● Instructions to follow: Every record must appear in the answer exactly as it stands.

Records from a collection
##########
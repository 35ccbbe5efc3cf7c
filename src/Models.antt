-- ===== src/Models.antt =====
-- The document models of as4/models: one record for each class, one field for each field of it. An
-- element with a single text is a record too, as in the source. `etree_element` is kept where the
-- program reads it.
pub mod Transforms
pub mod Reference
pub mod Tokens
pub mod KeyInfo
pub mod Signature
pub mod Xenc
pub mod Security
pub mod MessageInfo
pub mod UserMessage
pub mod SignalMessage
pub mod Messaging
pub mod Soap
pub mod Sbdh
pub mod Wildcard
pub mod Mapping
##########
● Response area:
repository 35ccbbe5efc3cf7c
filename src/Models.antt
-- ===== src/Models.antt =====
-- The document models of as4/models: one record for each class, one field for each field of it. An
-- element with a single text is a record too, as in the source. `etree_element` is kept where the
-- program reads it.
pub mod Transforms
pub mod Reference
pub mod Tokens
pub mod KeyInfo
pub mod Signature
pub mod Xenc
pub mod Security
pub mod MessageInfo
pub mod UserMessage
pub mod SignalMessage
pub mod Messaging
pub mod Soap
pub mod Sbdh
pub mod Wildcard
pub mod Mapping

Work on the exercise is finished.